## Scatter Plot: Performance vs. Average Token Usage
### Overview
The image is a scatter plot comparing the performance (y-axis, %) of different methods against their average token usage (x-axis, tokens). Three methods are compared: ToT (blue), SRA-MCTS (green), and "Ours" (orange). Three base models are represented: qwen3-8b (circle), qwen3-235b-a22b (triangle), and claude37_sonnet (square). Data points are labeled with their method-base model combinations.
### Components/Axes
- **X-axis**: "Average Token Usage" (0 to 20,000 tokens, increments of 4,000)

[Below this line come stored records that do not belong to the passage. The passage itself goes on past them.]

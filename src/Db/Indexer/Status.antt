-- ===== src/Db/Indexer/Status.antt =====
-- db/indexer.go: which rows RecordSpend and RecordCancellation close, and which they leave.
use openrelay.Prelude.{
  ℕ, ◌≡◌, ◌≢◌, ◌≤◌, ◌<◌, refl, sym, ap, ◌∙◌, Bool, true, false, ◌&&◌, ◌||◌, Bytes, IsBytes, big,
  bytes_eq, bytes_eq_iff, bytes_eq_refl, bytes_lt, bytes_lt-big, List, [], ◌∷◌, some, All, ◌==◌,
  ==_iff, if◌then◌else◌, Bool-cases, inl, inr, arith, true-false, ltb, ltb→lt, subst,
}
use openrelay.Db.Order.{DbOrder, find_row, status_open}
use openrelay.Db.Order.Rows.{found, find_row-here, find_row-there}
use openrelay.Db.Indexer.{
  Cancellation, update_status, asset_spent, spent, cancelled_by, record_spend, record_cancellation,
  get_cancellation_epoch, save_cancellation, same_pair,
}

abbrev marked : ℕ → (DbOrder → Bool) → DbOrder → DbOrder
marked status matches row = if matches row then record row { status = status } else row

ge_of_ltb : (a b : ℕ) → ltb a b ≡ false → b ≤ a
ge_of_ltb a b h = ground arith

==_false : (a b : ℕ) → a ≢ b → (a == b) ≡ false
==_false a b h = ground arith

bytes_eq-ne : (a b : Bytes) → a ≢ b → bytes_eq a b ≡ false
bytes_eq-ne a b h = elim (Bool-cases (bytes_eq a b)) [
  | inl e ↦ absurd (h ((bytes_eq_iff a b).0 e))
  | inr e ↦ e
]

pub or_true : (a : Bool) {b : Bool} → b ≡ true → (a || b) ≡ true
or_true true e = refl
or_true false e = e

marked-order_hash :
    (status : ℕ) (m : DbOrder → Bool) (row : DbOrder)
    → (marked status m row).order_hash ≡ row.order_hash
marked-order_hash status m row = elim (Bool-cases (m row)) [ inl e ↦ rw e refl | inr e ↦ rw e refl ]

find_row-update_status :
    (h : Bytes) (status : ℕ) (m : DbOrder → Bool) (table : List DbOrder)
    → find_row h (update_status status m table) ≡ found (marked status m) (find_row h table)
unfolding find_row update_status
find_row-update_status h status m [] = refl
find_row-update_status h status m (r ∷ rows) =
    let rest = find_row-update_status h status m rows in
    let same = marked-order_hash status m r in
    elim (Bool-cases (bytes_eq r.order_hash h)) [
      | inl e ↦
          find_row-here h (marked status m r) (update_status status m rows)
            (ap (λ x. bytes_eq x h) same ∙ e)
          ∙ ap (found (marked status m)) (sym (find_row-here h r rows e))
      | inr e ↦
          find_row-there h (marked status m r) (update_status status m rows)
            (ap (λ x. bytes_eq x h) same ∙ e)
          ∙ rest
          ∙ ap (found (marked status m)) (sym (find_row-there h r rows e))
    ]

marked-matches :
    (status : ℕ) (m : DbOrder → Bool) (row : DbOrder)
    → m row ≡ true
    → marked status m row ≡ record row { status = status }
marked-matches status m row e = rw e refl

marked-other :
    (status : ℕ) (m : DbOrder → Bool) (row : DbOrder) → m row ≡ false → marked status m row ≡ row
marked-other status m row e = rw e refl

-- If each row that does not match has P, and each one with the new status, then so does every row
-- after the update.
pub All-update_status :
    (Q P : DbOrder → Type 0) (status : ℕ) (m : DbOrder → Bool) (table : List DbOrder)
    → ((row : DbOrder) → Q row → m row ≡ false → P row)
    → ((row : DbOrder) → P (record row { status = status }))
    → All Q table
    → All P (update_status status m table)
unfolding update_status
All-update_status Q P status m [] stays changes h = h
All-update_status Q P status m (r ∷ rows) stays changes h = (
  elim (Bool-cases (m r)) [
    | inl e ↦ subst P (sym (marked-matches status m r e)) (changes r)
    | inr e ↦ subst P (sym (marked-other status m r e)) (stays r h.0 e)
  ],
  All-update_status Q P status m rows stays changes h.1,
)

-- A byte comparison that fails, as one of integers.
pub not_less : (x y : Bytes) → IsBytes 32 x → IsBytes 32 y → bytes_lt x y ≡ false → big y ≤ big x
not_less x y hx hy e = elim (Bool-cases (ltb (big x) (big y))) [
  | inl lt ↦
      absurd (true-false (sym ((bytes_lt-big 32 x y hx hy).1 (ltb→lt (big x) (big y) lt)) ∙ e))
  | inr ge ↦ ge_of_ltb (big x) (big y) ge
]

pub false_of_and :
    (a b c d : Bool) → a ≡ true → b ≡ true → c ≡ true → (a && (b && (c && d))) ≡ false → d ≡ false
false_of_and a b c true x y z e = absurd (true-false (sym (rw (x, y, z) refl) ∙ e))
false_of_and a b c false x y z e = refl

-- After a cancellation is recorded with a status that closes, no open order of the maker and sender
-- has a salt below the epoch.
pub record_cancellation-open_salt :
    (status : ℕ) (c : Cancellation) (epochs : List Cancellation) (table : List DbOrder)
    → status ≢ status_open
    → IsBytes 32 c.epoch
    → All (λ row. IsBytes 32 row.order.salt) table
    → All
        (λ row.
          row.status ≡ status_open
          → row.order.maker ≡ c.maker
          → row.order.sender_address ≡ c.sender
          → big c.epoch ≤ big row.order.salt)
        (record_cancellation status c epochs table).1
unfolding record_cancellation cancelled_by
record_cancellation-open_salt status c epochs table closes size sizes =
    All-update_status (λ row. IsBytes 32 row.order.salt)
      (λ row.
        row.status ≡ status_open
        → row.order.maker ≡ c.maker
        → row.order.sender_address ≡ c.sender
        → big c.epoch ≤ big row.order.salt)
      status (cancelled_by c) table
      (λ row salt e is_open maker sender. not_less row.order.salt c.epoch salt size (
        false_of_and (row.status == status_open) (bytes_eq row.order.maker c.maker)
          (bytes_eq row.order.sender_address c.sender) (bytes_lt row.order.salt c.epoch)
          ((==_iff row.status status_open).1 is_open)
          ((bytes_eq_iff row.order.maker c.maker).1 maker)
          ((bytes_eq_iff row.order.sender_address c.sender).1 sender) e))
      (λ row is_open maker sender. absurd (closes is_open)) sizes

-- The epoch that a cancellation records is the one that is looked up for its maker and sender.
pub save_cancellation-get :
    (c : Cancellation) (epochs : List Cancellation)
    → get_cancellation_epoch c.maker c.sender (save_cancellation c epochs) ≡ c.epoch
unfolding save_cancellation get_cancellation_epoch
save_cancellation-get c [] = rw (bytes_eq_refl c.maker, bytes_eq_refl c.sender) refl
save_cancellation-get c (row ∷ rows) =
    let rest = save_cancellation-get c rows in
    elim (Bool-cases (same_pair c.maker c.sender row)) [
      | inl e ↦ rw e (rw e refl)
      | inr e ↦ rw e (rw e rest)
    ]

-- A row that is found stays unless it matches; a matching one takes the new status.
pub find_row-updated :
    (h : Bytes) (status : ℕ) (m : DbOrder → Bool) (table : List DbOrder) (row : DbOrder) (b : Bool)
    → find_row h table ≡ some row
    → m row ≡ b
    → find_row h (update_status status m table)
      ≡ some (if b then record row { status = status } else row)
find_row-updated h status m table row b e matches =
    find_row-update_status h status m table
    ∙ ap (found (marked status m)) e
    ∙ ap (λ x. some (if x then record row { status = status } else row)) matches

-- A transfer of a token that is not the fee token leaves every closed order as it is.
pub record_spend-closed :
    (status : ℕ) (maker token fee_token asset_data balance h : Bytes) (table : List DbOrder)
    (row : DbOrder)
    → token ≢ fee_token
    → find_row h table ≡ some row
    → row.status ≢ status_open
    → find_row h (record_spend status maker token fee_token asset_data balance table) ≡ some row
unfolding record_spend spent asset_spent
record_spend-closed status maker token fee_token asset_data balance h table row ne e closed =
    find_row-updated h status (spent maker token fee_token asset_data balance) table row false e
      (rw (==_false row.status status_open closed, bytes_eq-ne token fee_token ne) refl)

-- A transfer of the fee token gives the new status to every order of the maker whose remaining fee is
-- above the balance, whatever its status was: a filled or cancelled order too.
pub record_spend-fee_token :
    (status : ℕ) (maker fee_token asset_data balance h : Bytes) (table : List DbOrder)
    (row : DbOrder)
    → IsBytes 32 balance
    → IsBytes 32 row.maker_fee_remaining
    → find_row h table ≡ some row
    → row.order.maker ≡ maker
    → big balance < big row.maker_fee_remaining
    → find_row h (record_spend status maker fee_token fee_token asset_data balance table)
      ≡ some (record row { status = status })
unfolding record_spend spent
record_spend-fee_token status maker fee_token asset_data balance h table row sb sr e m lt =
    find_row-updated h status (spent maker fee_token fee_token asset_data balance) table row true e
      (or_true (asset_spent maker fee_token asset_data balance row) (
        rw
          (
            bytes_eq_refl fee_token,
            (bytes_eq_iff row.order.maker maker).1 m,
            (bytes_lt-big 32 balance row.maker_fee_remaining sb sr).1 lt,
          )
          refl))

- **Y-axis**: "Performance (%)" (50% to 90%, increments of 10%)
- **Legend**:
- Top-left corner, labeled "Methods":
- Blue circle: ToT
- Green square: SRA-MCTS
- Orange triangle: Ours
- **Base Models**:
- qwen3-8b: Gray circle
- qwen3-235b-a22b: Gray triangle
- claude37_sonnet: Gray square
### Detailed Analysis
1. **SRA-MCTS(qwen3-8b)**:
- Position: (3,000 tokens, 53%)
- Color: Green square
- Label: "SRA-MCTS(qwen3-8b)"
2. **ToT(qwen3-8b)**:
- Position: (9,000 tokens, 58%)
- Color: Blue circle
- Label: "ToT(qwen3-8b)"
3. **Ours(qwen3-8b)**:
- Position: (7,500 tokens, 64%)
- Color: Orange triangle
- Label: "Ours(qwen3-8b)"
4. **SRA-MCTS(qwen3-235b-a22b)**:
- Position: (11,000 tokens, 62%)
- Color: Green square
- Label: "SRA-MCTS(qwen3-235b-a22b)"
5. **ToT(qwen3-235b-a22b)**:
- Position: (13,000 tokens, 67%)
- Color: Blue circle
- Label: "ToT(qwen3-235b-a22b)"
6. **Ours(qwen3-235b-a22b)**:
- Position: (8,500 tokens, 72%)
- Color: Orange triangle
- Label: "Ours(qwen3-235b-a22b)"
7. **SRA-MCTS(claude37_sonnet)**:
- Position: (12,000 tokens, 68%)
- Color: Green square
- Label: "SRA-MCTS(claude37_sonnet)"
8. **ToT(claude37_sonnet)**:
- Position: (19,000 tokens, 71%)
- Color: Blue circle
- Label: "ToT(claude37_sonnet)"
9. **Ours(claude37_sonnet)**:
- Position: (8,000 tokens, 76%)
- Color: Orange triangle
- Label: "Ours(claude37_sonnet)"
### Key Observations
- **Performance Trends**:
- "Ours" method consistently achieves higher performance (64–76%) across all base models.
- SRA-MCTS shows moderate performance (53–68%) but requires higher token usage (3,000–12,000 tokens).
- ToT exhibits variable performance (58–71%) with the highest token usage (9,000–19,000 tokens).
- **Token Efficiency**:
- "Ours" achieves the best performance-to-token ratio, especially with claude37_sonnet (76% at 8,000 tokens).
- ToT requires the most tokens for comparable performance (e.g., 19,000 tokens for 71% vs. 8,000 tokens for 76% with "Ours").
- **Outliers**:
- SRA-MCTS(qwen3-8b) is the lowest-performing point (53% at 3,000 tokens).
- ToT(claude37_sonnet) uses the most tokens (19,000) for only 71% performance.
### Interpretation
The data suggests that the "Ours" method outperforms both ToT and SRA-MCTS in terms of performance while maintaining lower token usage. This indicates superior efficiency, particularly when paired with the claude37_sonnet base model. SRA-MCTS appears less efficient, requiring more tokens for similar or lower performance gains. ToT's performance scales with token usage but remains less efficient than "Ours." The results highlight a trade-off between computational resource consumption and output quality, with "Ours" offering the most favorable balance.